# Is anyone using Cakewalk by Bandlab



## Feral State (Aug 1, 2019)

When I first heard of Cakewalk going free I was really excited but since then I didn't see too much movement from the Singapore based Bandlab brand.
Anyone is using CbB to do serius work? The DAW is great but I am having problems with VST plugins (Waves and EW mainly)
What do you think about the DAW?


----------



## chillbot (Aug 1, 2019)

Feral State said:


> Anyone is using CbB to do serius work?



I use it for very very serius work, seriusly bro.

But I also don't push it very hard. My tracks are relatively simplistic (template is ~275 tracks) and I offload everything onto a 160GB vepro slave.

I have found 99% of VSTs work fine for me, including Waves and Play though I pretty much only use Play for Stormdrum(s). Literally 1 out of 100 might cause an issue. Output's Movement is one I've struggled with a bit.

I do have a repeatable issue where too much CC data will cause a crash, which is a drag. The workaround is just to bounce a few tracks as audio when working with a lot of CC. Or I will just have my assistant deal with all the CC work, which is much preferred.

As far as the free Bandlab software, it is exactly the same and as fully-functional as the last version of paid Sonar Platinum.


----------



## TinderC (Aug 1, 2019)

Treatment of VST plugins was IMO always a weakness of Cakewalk. Its easier and more intuitive in Reaper and Cubase. If youre just processing audio tracks, Cakewalk is great.


----------



## dzilizzi (Aug 1, 2019)

I sometimes open Platinum, but since I got Studio One 4, I really haven't touched it. It was always my 'I'm frikkin' frustrated with ProTools and Cubase and I just want to make some music' DAW. Now S1 is turning into that DAW.

It does work, but it depends on how complicated you get with your music.


----------



## Feral State (Aug 2, 2019)

TinderC said:


> Treatment of VST plugins was IMO always a weakness of Cakewalk. Its easier and more intuitive in Reaper and Cubase. If youre just processing audio tracks, Cakewalk is great.
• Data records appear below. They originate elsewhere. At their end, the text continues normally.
-- ===== src/Httpx/Breaker/Period.antt =====
-- internal/httpx/breaker.go (withDefaults, open) and transport.go (fullJitter): the configuration
-- in force, and how long an open circuit stays open.
use native.Mathlib.Nat.{mul-pos, one-le-pow}
use stac_proxy.Common.{ℕ, ◌+◌, ◌*◌, ◌/◌, ◌^◌, ◌≤◌, ◌<◌, ◌≡◌, min, arith}
use stac_proxy.Common.Int.{ℤ, positive_or}
use stac_proxy.Httpx.Breaker.{
  RawConfig, BreakerConfig, with_defaults, full_jitter, open_period, i64_limit, raise_max, second,
}

pub record IsValid (c : BreakerConfig) : Type 0 where
  pub threshold : 0 < c.failure_threshold
  pub base : 0 < c.open_base
  pub top : c.open_base ≤ c.open_max
  pub trials : 0 < c.half_open_probes

positive_or_pos : (d : ℕ) (v : ℤ) → 0 < d → 0 < positive_or d v
positive_or_pos d (ℤ.pos n) h = ground arith
positive_or_pos d (ℤ.negsuc n) h = h

raise_max_le : (base top : ℕ) → base ≤ raise_max base top
unfolding raise_max
raise_max_le base top = ground arith

-- Whatever the operator wrote, the configuration in force has a positive threshold, a positive
-- first period that is no longer than the longest one, and at least one probe.
pub with_defaults-IsValid : (c : RawConfig) → IsValid (with_defaults c)
unfolding with_defaults
with_defaults-IsValid c = record {
  threshold = positive_or_pos 5 c.failure_threshold (omega arith);
  base = positive_or_pos (10 * second) c.open_base (omega arith);
  top = raise_max_le _ _;
  trials = positive_or_pos 1 c.half_open_probes (omega arith);
}

-- What is documented of `rand.N`: it draws below its argument.
abbrev pub Draws : (ℕ → ℕ) → Type 0
Draws rand_n = (n : ℕ) → 0 < n → rand_n n < n

pub full_jitter_bounds :
    (rand_n : ℕ → ℕ) (d : ℕ)
    → Draws rand_n
    → (d / 2 ≤ full_jitter rand_n d) × (full_jitter rand_n d ≤ d)
unfolding full_jitter
full_jitter_bounds rand_n d draws = ground (arith, draws (d / 2 + 1))

pub open_period_le : (c : BreakerConfig) (n : ℕ) → open_period c n ≤ c.open_max
unfolding open_period
open_period_le c n = ground arith

-- As long as the shifted period fits in an int64, the open period doubles with every re-open and
-- is cut off at `open_max`.
pub open_period-min :
    (c : BreakerConfig) (n : ℕ)
    → IsValid c
    → c.open_base * 2 ^ n < i64_limit
    → open_period c n ≡ min (c.open_base * 2 ^ n) c.open_max
unfolding open_period
open_period-min c n v fits =
    let pos : 1 ≤ c.open_base * 2 ^ n = mul-pos v.base (one-le-pow n 2 (omega arith)) in
    ground arith
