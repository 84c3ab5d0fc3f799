-- ===== src/Httpx/Breaker/Calls.antt =====
-- internal/httpx/breaker.go (admit, record, open): what the calls do over a stretch of outcomes.
use stac_proxy.Common.{
  ℕ, ◌+◌, ◌/◌, ◌%◌, ◌≤◌, ◌<◌, ◌≡◌, true, false, none, some, List, [], ◌∷◌, arith, length, All,
}
use stac_proxy.Httpx.Breaker.{
  Breaker, closed, open_, half_open, Outcome, admit, record_outcome, open_circuit, open_period,
  full_jitter, u64_mod, is_canceled, is_failure,
}
use stac_proxy.Httpx.Breaker.Period.{Draws, full_jitter_bounds, open_period_le}

-- Outcomes recorded one after another, each under the generation in force.
pub record_all : (ℕ → ℕ) → List (ℕ × Outcome) → Breaker → Breaker
record_all rand_n [] b = b
record_all rand_n ((now, out) ∷ rest) b =
    record_all rand_n rest (record_outcome rand_n now b.gen out b)

-- A failure that counts: a 5xx status, or an error that is no cancellation.
abbrev pub Counts : ℕ × Outcome → Type 0
Counts (now, out) = (is_canceled out.err ≡ false) × (is_failure out.err out.resp ≡ true)

-- Failures in a row on a closed circuit are only counted while their number stays below the
-- threshold.
pub record_all_below :
    (rand_n : ℕ → ℕ) (outs : List (ℕ × Outcome)) (b : Breaker)
    → b.state ≡ closed
    → All Counts outs
    → b.consec_fails + length outs < b.cfg.failure_threshold
    → record_all rand_n outs b ≡ record b { consec_fails = b.consec_fails + length outs }
unfolding record_all record_outcome
record_all_below rand_n [] b st h below = ground arith
record_all_below rand_n ((now, out) ∷ outs) b st h below = ground (
  arith,
  record_all_below rand_n outs (record b { consec_fails = b.consec_fails + 1 }) st h.1
      (omega arith),
)

-- The failure that reaches the threshold opens the circuit for a period of the first length, under
-- a new generation, with the counters at zero.
pub record_at_threshold :
    (rand_n : ℕ → ℕ) (now : ℕ) (out : Outcome) (b : Breaker)
    → b.state ≡ closed
    → Counts (now, out)
    → b.consec_fails + 1 ≡ b.cfg.failure_threshold
    → record_outcome rand_n now b.gen out b ≡ record b {
      state = open_;
      consec_fails = 0;
      reopens = 0;
      probes = 0;
      open_until = now + full_jitter rand_n (open_period b.cfg 0);
      gen = (b.gen + 1) % u64_mod;
    }
unfolding record_outcome open_circuit
record_at_threshold rand_n now out b st h at = ground arith

-- From the moment of opening the circuit refuses every request for at least half the period and
-- is left as it is; after the whole period, at most `open_max`, the next request is let through
-- as the first probe.
pub admit-open_circuit :
    (rand_n : ℕ → ℕ) (now t : ℕ) (b : Breaker)
    → Draws rand_n
    → (t < now + open_period b.cfg b.reopens / 2
        → admit t (open_circuit rand_n now b) ≡ (open_circuit rand_n now b, none))
      × (now + open_period b.cfg b.reopens ≤ t
          → admit t (open_circuit rand_n now b) ≡ (
            record (open_circuit rand_n now b) { state = half_open; probes = 1 },
            some ((b.gen + 1) % u64_mod),
          ))
      × (open_period b.cfg b.reopens ≤ b.cfg.open_max)
unfolding admit open_circuit
admit-open_circuit rand_n now t b draws =
    let (low, high) = full_jitter_bounds rand_n (open_period b.cfg b.reopens) draws in
    (λ h. ground arith, λ h. ground arith, open_period_le b.cfg b.reopens)
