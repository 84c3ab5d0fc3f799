-- ===== src/Httpx/Breaker/Trace.antt =====
-- internal/httpx/breaker.go (RoundTrip): requests in flight at the same time. A request is
-- admitted under some generation and records its outcome later; between the two any other request
-- may start or finish.
use stac_proxy.Common.{
  ℕ, zero, suc, ◌+◌, ◌≤◌, ◌<◌, ◌≡◌, refl, ◌∙◌, ◌≢◌, inl, inr, Option, none, some, List, [], ◌∷◌,
  arith, ◌==◌, if◌then◌else◌, length, get_elem?, remove_at, All, Option-cases,
}
use stac_proxy.Httpx.Breaker.{
  RawConfig, BreakerConfig, Breaker, BreakerState, closed, open_, half_open, Outcome, new_breaker,
  admit, record_outcome, open_circuit, u64_mod,
}
use stac_proxy.Httpx.Breaker.Period.{IsValid, with_defaults-IsValid}

pub record System : Type 0 where
  pub breaker : Breaker
  pub in_flight : List ℕ

pub data Event : Type 0 where
  start : ℕ → Event
  finish : ℕ → (ℕ → ℕ) → ℕ → Outcome → Event

launch : Option ℕ → List ℕ → List ℕ
launch none gens = gens
launch (some gen) gens = gen ∷ gens

-- `start now` is a call of `admit`. `finish i rand_n now out` is the call of `record` of the `i`th
-- request in flight; without such a request nothing happens.
unfoldable pub step : System → Event → System
unfolding launch
step s (start now) = record {
  breaker = (admit now s.breaker).0;
  in_flight = launch (admit now s.breaker).1 s.in_flight;
}
step s (finish i rand_n now out) = elim (get_elem? s.in_flight i) [
  | none ↦ s
  | some gen ↦ record {
    breaker = record_outcome rand_n now gen out s.breaker;
    in_flight = remove_at s.in_flight i;
  }
]

unfoldable pub run : System → List Event → System
run s [] = s
run s (e ∷ es) = run (step s e) es

-- How many requests in flight were admitted under the generation.
unfoldable pub count : ℕ → List ℕ → ℕ
count g [] = 0
count g (x ∷ xs) = if x == g then suc (count g xs) else count g xs

abbrev pub AtMost : ℕ → List ℕ → Type 0
AtMost n = All (λ g. g ≤ n)

AtMost-mono : (m n : ℕ) (xs : List ℕ) → m ≤ n → AtMost m xs → AtMost n xs
AtMost-mono m n [] h a = tt
AtMost-mono m n (x ∷ xs) h a = (omega arith, AtMost-mono m n xs h a.1)

AtMost-remove : (n : ℕ) (xs : List ℕ) (i : ℕ) → AtMost n xs → AtMost n (remove_at xs i)
unfolding remove_at
AtMost-remove n [] i a = tt
AtMost-remove n (x ∷ xs) zero a = a.1
AtMost-remove n (x ∷ xs) (suc i) a = (a.0, AtMost-remove n xs i a.1)

count_above : (n : ℕ) (xs : List ℕ) → AtMost n xs → count (n + 1) xs ≡ 0
unfolding count
count_above n [] a = refl
count_above n (x ∷ xs) a = ground (arith, count_above n xs a.1)

count-remove_self :
    (xs : List ℕ) (i g : ℕ) → get_elem? xs i ≡ some g → count g xs ≡ suc (count g (remove_at xs i))
unfolding count get_elem? remove_at
count-remove_self [] i g e = cc
count-remove_self (x ∷ xs) zero g e = ground arith
count-remove_self (x ∷ xs) (suc i) g e = ground (arith, count-remove_self xs i g e)

count-remove_ne :
    (xs : List ℕ) (i g h : ℕ)
    → get_elem? xs i ≡ some h
    → h ≢ g
    → count g (remove_at xs i) ≡ count g xs
unfolding count get_elem? remove_at
count-remove_ne [] i g h e d = cc
count-remove_ne (x ∷ xs) zero g h e d = ground arith
count-remove_ne (x ∷ xs) (suc i) g h e d = ground (arith, count-remove_ne xs i g h e d)

AtMost-get : (n : ℕ) (xs : List ℕ) (i g : ℕ) → AtMost n xs → get_elem? xs i ≡ some g → g ≤ n
unfolding get_elem?
AtMost-get n [] i g a e = cc
AtMost-get n (x ∷ xs) zero g a e = ground arith
AtMost-get n (x ∷ xs) (suc i) g a e = AtMost-get n xs i g a.1 e

-- What holds of the counters in each state, with the requests in flight of the current generation.
abbrev pub Phase : BreakerState → Breaker → ℕ → Type 0
Phase closed b current =
    (b.consec_fails < b.cfg.failure_threshold) × (b.reopens ≡ 0) × (b.probes ≡ 0)
Phase open_ b current = (b.consec_fails ≡ 0) × (b.probes ≡ 0) × (current ≡ 0)
Phase half_open b current =
    (b.consec_fails ≡ 0) × (b.probes ≡ current) × (b.probes ≤ b.cfg.half_open_probes)

pub record Inv (s : System) : Type 0 where
  pub valid : IsValid s.breaker.cfg
  pub bounded : AtMost s.breaker.gen s.in_flight
  pub phase : Phase s.breaker.state s.breaker (count s.breaker.gen s.in_flight)

-- The fields of the breaker stand as variables, so that each state is a case.
module _ (cfg : BreakerConfig) (fails reopens until probes gen : ℕ) (gens : List ℕ) where
  abbrev in_state : BreakerState → Breaker
  in_state st = record {
    cfg = cfg;
    state = st;
    consec_fails = fails;
    reopens = reopens;
    open_until = until;
    probes = probes;
    gen = gen;
  }

  abbrev sys : BreakerState → System
  sys st = record { breaker = in_state st; in_flight = gens }

  start-Inv : (st : BreakerState) (now : ℕ) → Inv (sys st) → Inv (step (sys st) (start now))
  unfolding step admit count
  start-Inv closed now v = ground arith
  start-Inv open_ now v = ground arith
  start-Inv half_open now v = ground arith

  -- The outcome of a request of generation `g`, when `rest` stays in flight.
  record-Inv :
      (st : BreakerState) (rest : List ℕ) (g : ℕ) (rand_n : ℕ → ℕ) (now : ℕ) (out : Outcome)
      → gen + 1 < u64_mod
      → AtMost gen rest
      → AtMost (gen + 1) rest
      → count (gen + 1) rest ≡ 0
      → (g ≡ gen → count gen gens ≡ suc (count gen rest))
      → (g ≢ gen → count gen rest ≡ count gen gens)
      → Inv (sys st)
      → Inv (record { breaker = record_outcome rand_n now g out (in_state st); in_flight = rest })
  unfolding record_outcome open_circuit
  record-Inv closed rest g rand_n now out fits a a' c own other v = ground arith
  record-Inv open_ rest g rand_n now out fits a a' c own other v = ground arith
  record-Inv half_open rest g rand_n now out fits a a' c own other v = ground arith

  finish-Inv :
      (st : BreakerState) (i : ℕ) (rand_n : ℕ → ℕ) (now : ℕ) (out : Outcome)
      → gen + 1 < u64_mod
      → Inv (sys st)
      → Inv (step (sys st) (finish i rand_n now out))
  unfolding step
  finish-Inv st i rand_n now out fits v = elim (Option-cases (get_elem? gens i)) [
    | inl gone ↦ rw (gone, step) v
    | inr (g, hit) ↦
        let a = AtMost-remove gen gens i v.bounded in
        rw (hit, step)
          (record-Inv st (remove_at gens i) g rand_n now out fits a
            (AtMost-mono gen (gen + 1) (remove_at gens i) (omega arith) a)
            (count_above gen (remove_at gens i) a)
            (λ e. count-remove_self gens i gen (rw (← e) hit))
            (λ d. count-remove_ne gens i gen g hit d) v)
  ]

-- Every event keeps the invariant.
step-Inv : (s : System) (e : Event) → s.breaker.gen + 1 < u64_mod → Inv s → Inv (step s e)
step-Inv s (start now) fits v =
    let b = s.breaker in
    start-Inv b.cfg b.consec_fails b.reopens b.open_until b.probes b.gen s.in_flight b.state now v
step-Inv s (finish i rand_n now out) fits v =
    let b = s.breaker in
    finish-Inv b.cfg b.consec_fails b.reopens b.open_until b.probes b.gen s.in_flight b.state i
      rand_n now out fits v

step-gen-le : (s : System) (e : Event) → (step s e).breaker.gen ≤ s.breaker.gen + 1
unfolding step admit record_outcome open_circuit
step-gen-le s (start now) = ground arith
step-gen-le s (finish i rand_n now out) = ground arith

run-Inv :
    (s : System) (es : List Event) → s.breaker.gen + length es < u64_mod → Inv s → Inv (run s es)
unfolding run
run-Inv s [] fits v = v
run-Inv s (e ∷ es) fits v =
    run-Inv (step s e) es (omega (arith, step-gen-le s e)) (step-Inv s e (omega arith) v)

unfoldable pub new_system : RawConfig → System
unfolding new_breaker
new_system c = record { breaker = new_breaker c; in_flight = [] }

new_system-Inv : (c : RawConfig) → Inv (new_system c)
unfolding new_system count
new_system-Inv c = record {
  valid = with_defaults-IsValid c;
  bounded = tt;
  phase = ((with_defaults-IsValid c).threshold, refl, refl);
}

-- However requests start and finish and whatever their outcomes are, for fewer than 2^64 events
-- after construction: while the circuit is closed its failures are below the threshold; while it
-- is open no request of its generation is in flight; while it is half-open the probes counted are
-- exactly the requests of its generation in flight, and no more than `half_open_probes`.
pub run-new_system-Inv :
    (c : RawConfig) (es : List Event) → length es < u64_mod → Inv (run (new_system c) es)
unfolding new_system
run-new_system-Inv c es fits = run-Inv (new_system c) es (omega arith) (new_system-Inv c)

-- Every request of the events starts before the time.
abbrev pub StartsBefore : ℕ → List Event → Type 0
StartsBefore t [] = Unit {0}
StartsBefore t (start now ∷ es) = (now < t) × StartsBefore t es
StartsBefore t (finish i rand_n now out ∷ es) = StartsBefore t es

-- An open circuit with no request of its generation in flight.
abbrev IsSealed : System → Type 0
IsSealed s = (s.breaker.state ≡ open_) × (count s.breaker.gen s.in_flight ≡ 0)

-- An outcome of another generation is dropped.
record_outcome-stale :
    (rand_n : ℕ → ℕ) (now gen : ℕ) (out : Outcome) (b : Breaker)
    → gen ≢ b.gen
    → record_outcome rand_n now gen out b ≡ b
unfolding record_outcome
record_outcome-stale rand_n now gen out b other = ground arith

Phase-open : (st : BreakerState) (b : Breaker) (n : ℕ) → st ≡ open_ → Phase st b n → n ≡ 0
Phase-open open_ b n e h = h.2
Phase-open closed b n e h = cc
Phase-open half_open b n e h = cc

StartsBefore-cons :
    (t : ℕ) (e : Event) (es : List Event)
    → StartsBefore t (e ∷ es)
    → StartsBefore t (e ∷ []) × StartsBefore t es
StartsBefore-cons t (start now) es h = ((h.0, tt), h.1)
StartsBefore-cons t (finish i rand_n now out) es h = (tt, h)

step-IsSealed :
    (s : System) (e : Event)
    → IsSealed s
    → StartsBefore s.breaker.open_until (e ∷ [])
    → ((step s e).breaker ≡ s.breaker) × IsSealed (step s e)
unfolding step admit
step-IsSealed s (start now) o h = ground arith
step-IsSealed s (finish i rand_n now out) o h = elim (Option-cases (get_elem? s.in_flight i)) [
  | inl gone ↦ rw (gone, step) (refl, o)
  | inr (g, hit) ↦ rw (hit, step) (stale g hit)
]
  where
    stale :
        (g : ℕ)
        → get_elem? s.in_flight i ≡ some g
        → (record_outcome rand_n now g out s.breaker ≡ s.breaker)
          × IsSealed (record {
            breaker = record_outcome rand_n now g out s.breaker;
            in_flight = remove_at s.in_flight i;
          })
    stale g hit =
        let other : g ≢ s.breaker.gen = λ e.
          absurd
            (omega (arith, o.1, count-remove_self s.in_flight i s.breaker.gen (rw (← e) hit))) in
        let left = count-remove_ne s.in_flight i s.breaker.gen g hit other ∙ o.1 in
        rw (record_outcome-stale rand_n now g out s.breaker other) (refl, (o.0, left))

run-IsSealed :
    (s : System) (es : List Event)
    → IsSealed s
    → StartsBefore s.breaker.open_until es
    → (run s es).breaker ≡ s.breaker
unfolding run
run-IsSealed s [] o h = refl
run-IsSealed s (e ∷ es) o h =
    let parts = StartsBefore-cons s.breaker.open_until e es h in
    let (same, kept) = step-IsSealed s e o parts.0 in
    run-IsSealed (step s e) es kept (rw same parts.1) ∙ same

-- Once the circuit of a reachable system is open, nothing that starts before `open_until` and
-- nothing that was admitted earlier and finishes meanwhile, with whatever outcome, changes the
-- breaker.
pub run-open :
    (s : System) (es : List Event)
    → Inv s
    → s.breaker.state ≡ open_
    → StartsBefore s.breaker.open_until es
    → (run s es).breaker ≡ s.breaker
run-open s es v o h = run-IsSealed s es (o, Phase-open s.breaker.state s.breaker _ o v.phase) h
Why is more intuitive in Cubase/Reaper? I found it to be exactly the same but the thing is that I am having some issues with some VST plugins not being detected in Cakewalk.


----------



## AllanH (Aug 2, 2019)

I moved to Cubase when Gibson/Cakewalk announced Cakewalk's demise. I've used Cakewalk since the mid 90s, and still somehow feel it's a bit simpler in many ways. My experience was that Cakewalk did very well under load with up to about 100 VSTs. I never tried it bigger and from time to time, had to bounce. I think it's more efficient than Cubase but has less midi-functionality. I'm not longer using it.


----------



## TinderC (Aug 2, 2019)

Feral State said:


> Why is more intuitive in Cubase/Reaper?


From what I remember, Cakewalk/SONAR had you set up a VST track, create the corresponding MIDI track, figure out the audio and MIDI routing, etc. all in one complicated operation. Once I learned Reaper, each individual step was logical and easy to remember and flexible. If you want to connect one MIDI track with multiple VST tracks or visa-versa just change the routing. I do remember thinking "It should not be this complicated and unnatural" when setting up VSTs in SONAR producer. Also, in earlier days not every VST instrument worked well, I remember bouncing/rendering/freezing was not easy.


----------



## chillbot (Aug 2, 2019)

TinderC said:


> From what I remember, Cakewalk/SONAR had you set up a VST track, create the corresponding MIDI track, figure out the audio and MIDI routing


Nah, they've had instrument tracks for ages. Since at least X1 which must have been 10+ years ago. It's a one-click process to insert a VST and properly routed corresponding track, and if you need more control you can split instrument (VST) tracks into separate midi/audio tracks like what you're talking about.


----------



## dzilizzi (Aug 2, 2019)

I actually likes the way Sonar did that. Easy to set up multiple midis into one instrument like Kontakt.


----------



## TinderC (Aug 2, 2019)

chillbot said:


> Nah, they've had instrument tracks for ages.


Well yeah. Having not used it for a few years I cant really debate mouse click by click but it was difficult enough to motivate me to pay $60 for Reaper (screamin' deal) and $250 for Cubase. I'm now comfortable with Reaper and just got Cubase because it was on sale and a lot of people seem to use it. I guess this forum calls that GAS. SONAR X2 is still around for me because I have so many projects in it. I grew up with it and would not try to trash it but yes working with VSTs was not easy. I had ASIO issues as well so YMMV.


----------



## dzilizzi (Aug 2, 2019)

For me, as my computer got better, Sonar worked better. But then it was the same for ProTools. I could use WDM with Sonar but having an audio device with its own ASIO driver helped a lot also. 

For its current price, you really can't go wrong trying it out. If you've used any DAW, it is not hard to use. It is a pretty standard workflow. And it works pretty well aka it doesn't crash more than any other DAW I've used. And definitely less than ProTools.


----------



## kitekrazy (Aug 2, 2019)

I wish a free DAW was available like this when I first started. I still keep it on my system.


----------